WHAT TO WORK ON | Spot each line in the records below where the word "after" occurs, then copy it.
DATA RECORDS START
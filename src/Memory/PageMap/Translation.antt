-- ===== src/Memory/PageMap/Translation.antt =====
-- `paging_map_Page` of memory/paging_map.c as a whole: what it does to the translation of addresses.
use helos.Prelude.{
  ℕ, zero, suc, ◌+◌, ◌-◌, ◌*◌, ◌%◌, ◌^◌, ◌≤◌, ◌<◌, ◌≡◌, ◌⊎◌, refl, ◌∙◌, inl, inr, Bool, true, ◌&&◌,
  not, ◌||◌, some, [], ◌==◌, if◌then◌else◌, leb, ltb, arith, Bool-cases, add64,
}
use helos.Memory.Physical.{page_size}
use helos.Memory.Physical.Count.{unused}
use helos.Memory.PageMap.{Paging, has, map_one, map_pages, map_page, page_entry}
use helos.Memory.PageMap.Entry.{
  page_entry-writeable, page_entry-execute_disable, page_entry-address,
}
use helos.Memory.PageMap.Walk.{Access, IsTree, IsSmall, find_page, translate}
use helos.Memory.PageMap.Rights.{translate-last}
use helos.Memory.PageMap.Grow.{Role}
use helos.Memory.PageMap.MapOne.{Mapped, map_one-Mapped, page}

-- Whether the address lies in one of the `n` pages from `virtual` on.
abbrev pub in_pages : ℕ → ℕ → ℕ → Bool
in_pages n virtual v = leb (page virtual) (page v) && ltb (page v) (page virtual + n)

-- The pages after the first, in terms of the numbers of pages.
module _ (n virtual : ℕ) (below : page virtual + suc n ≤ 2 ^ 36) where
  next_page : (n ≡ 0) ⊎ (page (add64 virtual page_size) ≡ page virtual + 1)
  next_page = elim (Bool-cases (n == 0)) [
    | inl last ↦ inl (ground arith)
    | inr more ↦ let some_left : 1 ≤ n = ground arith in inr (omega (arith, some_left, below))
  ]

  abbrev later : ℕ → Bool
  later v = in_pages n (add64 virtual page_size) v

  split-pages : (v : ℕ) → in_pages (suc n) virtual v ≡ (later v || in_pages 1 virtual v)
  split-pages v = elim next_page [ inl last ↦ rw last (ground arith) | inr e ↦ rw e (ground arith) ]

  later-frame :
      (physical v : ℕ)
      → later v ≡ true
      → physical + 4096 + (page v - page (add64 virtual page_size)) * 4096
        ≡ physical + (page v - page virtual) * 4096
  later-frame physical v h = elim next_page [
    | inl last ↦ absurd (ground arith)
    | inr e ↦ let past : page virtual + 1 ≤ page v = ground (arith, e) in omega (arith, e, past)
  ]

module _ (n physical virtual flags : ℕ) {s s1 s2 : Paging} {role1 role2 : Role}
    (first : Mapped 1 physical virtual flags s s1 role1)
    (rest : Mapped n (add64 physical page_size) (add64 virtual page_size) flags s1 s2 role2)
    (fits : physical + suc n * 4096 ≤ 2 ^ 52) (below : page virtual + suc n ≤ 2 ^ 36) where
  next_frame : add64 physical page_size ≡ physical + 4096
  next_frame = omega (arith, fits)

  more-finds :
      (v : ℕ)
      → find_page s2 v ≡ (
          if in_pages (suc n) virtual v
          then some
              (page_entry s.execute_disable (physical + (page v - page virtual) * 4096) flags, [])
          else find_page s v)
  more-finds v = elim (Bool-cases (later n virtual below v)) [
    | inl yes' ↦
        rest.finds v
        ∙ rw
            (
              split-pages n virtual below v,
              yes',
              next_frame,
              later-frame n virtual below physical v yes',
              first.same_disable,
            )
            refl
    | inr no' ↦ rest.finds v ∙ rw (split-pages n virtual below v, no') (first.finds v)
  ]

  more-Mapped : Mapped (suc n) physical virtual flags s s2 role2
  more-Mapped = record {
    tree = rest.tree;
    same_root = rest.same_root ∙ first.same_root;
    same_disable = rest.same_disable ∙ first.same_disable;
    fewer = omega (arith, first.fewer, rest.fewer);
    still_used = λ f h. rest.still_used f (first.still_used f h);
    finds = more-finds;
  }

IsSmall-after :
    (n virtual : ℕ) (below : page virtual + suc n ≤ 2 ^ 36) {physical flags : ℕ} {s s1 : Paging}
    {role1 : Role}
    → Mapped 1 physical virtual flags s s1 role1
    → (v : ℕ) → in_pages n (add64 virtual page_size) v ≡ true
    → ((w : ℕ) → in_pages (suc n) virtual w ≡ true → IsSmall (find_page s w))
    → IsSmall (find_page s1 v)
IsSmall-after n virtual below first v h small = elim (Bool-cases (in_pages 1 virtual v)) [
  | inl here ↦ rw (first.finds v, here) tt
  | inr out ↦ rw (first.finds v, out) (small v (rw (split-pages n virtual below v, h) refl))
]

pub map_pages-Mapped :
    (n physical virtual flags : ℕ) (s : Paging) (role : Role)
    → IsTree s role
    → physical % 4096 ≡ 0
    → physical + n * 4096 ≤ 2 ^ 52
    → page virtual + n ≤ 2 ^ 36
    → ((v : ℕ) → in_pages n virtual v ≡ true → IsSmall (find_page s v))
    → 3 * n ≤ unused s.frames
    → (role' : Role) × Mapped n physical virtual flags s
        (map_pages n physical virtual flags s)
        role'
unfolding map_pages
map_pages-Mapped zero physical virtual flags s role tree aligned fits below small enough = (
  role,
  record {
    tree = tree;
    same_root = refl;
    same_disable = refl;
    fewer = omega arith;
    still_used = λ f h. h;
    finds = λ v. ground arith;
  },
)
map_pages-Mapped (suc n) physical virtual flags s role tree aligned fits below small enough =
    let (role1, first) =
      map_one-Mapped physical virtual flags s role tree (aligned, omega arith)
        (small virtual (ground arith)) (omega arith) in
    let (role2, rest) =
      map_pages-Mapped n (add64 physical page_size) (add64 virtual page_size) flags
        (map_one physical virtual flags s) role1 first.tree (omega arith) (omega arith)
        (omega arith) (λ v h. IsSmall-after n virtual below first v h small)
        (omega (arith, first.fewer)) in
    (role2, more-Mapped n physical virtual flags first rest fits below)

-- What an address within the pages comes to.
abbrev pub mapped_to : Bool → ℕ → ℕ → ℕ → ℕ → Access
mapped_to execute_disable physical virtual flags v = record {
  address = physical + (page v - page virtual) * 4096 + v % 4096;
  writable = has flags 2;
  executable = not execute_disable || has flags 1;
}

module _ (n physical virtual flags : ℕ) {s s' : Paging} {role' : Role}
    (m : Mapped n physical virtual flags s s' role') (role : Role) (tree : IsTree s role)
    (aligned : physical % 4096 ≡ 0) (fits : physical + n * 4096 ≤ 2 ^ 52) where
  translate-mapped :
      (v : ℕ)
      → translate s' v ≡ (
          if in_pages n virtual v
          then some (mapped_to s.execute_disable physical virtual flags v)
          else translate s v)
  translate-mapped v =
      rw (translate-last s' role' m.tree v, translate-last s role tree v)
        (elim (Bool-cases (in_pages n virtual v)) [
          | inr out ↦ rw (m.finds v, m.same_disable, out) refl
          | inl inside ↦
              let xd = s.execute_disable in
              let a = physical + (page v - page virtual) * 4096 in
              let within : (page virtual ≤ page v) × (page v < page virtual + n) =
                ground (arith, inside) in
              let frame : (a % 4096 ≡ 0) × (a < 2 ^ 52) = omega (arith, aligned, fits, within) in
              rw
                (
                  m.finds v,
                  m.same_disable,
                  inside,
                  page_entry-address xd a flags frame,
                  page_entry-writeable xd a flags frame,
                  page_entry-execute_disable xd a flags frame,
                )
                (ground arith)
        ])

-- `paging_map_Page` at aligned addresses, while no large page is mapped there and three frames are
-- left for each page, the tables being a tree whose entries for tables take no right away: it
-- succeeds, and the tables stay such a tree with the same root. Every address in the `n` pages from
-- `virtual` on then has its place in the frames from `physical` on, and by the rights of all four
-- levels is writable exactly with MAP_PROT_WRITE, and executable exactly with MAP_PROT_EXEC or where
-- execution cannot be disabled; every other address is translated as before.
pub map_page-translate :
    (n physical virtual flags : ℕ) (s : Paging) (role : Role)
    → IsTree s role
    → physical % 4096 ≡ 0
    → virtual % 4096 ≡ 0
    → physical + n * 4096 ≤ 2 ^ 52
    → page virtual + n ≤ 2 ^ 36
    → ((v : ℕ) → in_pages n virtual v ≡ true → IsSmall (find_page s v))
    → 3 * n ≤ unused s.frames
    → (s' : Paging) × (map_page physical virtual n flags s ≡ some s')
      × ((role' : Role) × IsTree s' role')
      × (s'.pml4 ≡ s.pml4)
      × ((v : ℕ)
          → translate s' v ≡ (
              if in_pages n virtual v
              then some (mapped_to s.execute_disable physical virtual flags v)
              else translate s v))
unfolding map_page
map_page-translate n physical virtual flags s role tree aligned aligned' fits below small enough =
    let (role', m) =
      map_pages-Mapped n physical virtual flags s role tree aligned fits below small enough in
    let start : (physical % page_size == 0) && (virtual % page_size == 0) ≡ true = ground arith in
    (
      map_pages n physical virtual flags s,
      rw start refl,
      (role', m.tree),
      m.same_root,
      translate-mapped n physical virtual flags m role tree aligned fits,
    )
DATA RECORDS END
WRITTEN ANSWER |
-- The pages after the first, in terms of the numbers of pages.
IsSmall-after :
IsSmall-after n virtual below first v h small = elim (Bool-cases (in_pages 1 virtual v)) [
        (omega arith) (λ v h. IsSmall-after n virtual below first v h small)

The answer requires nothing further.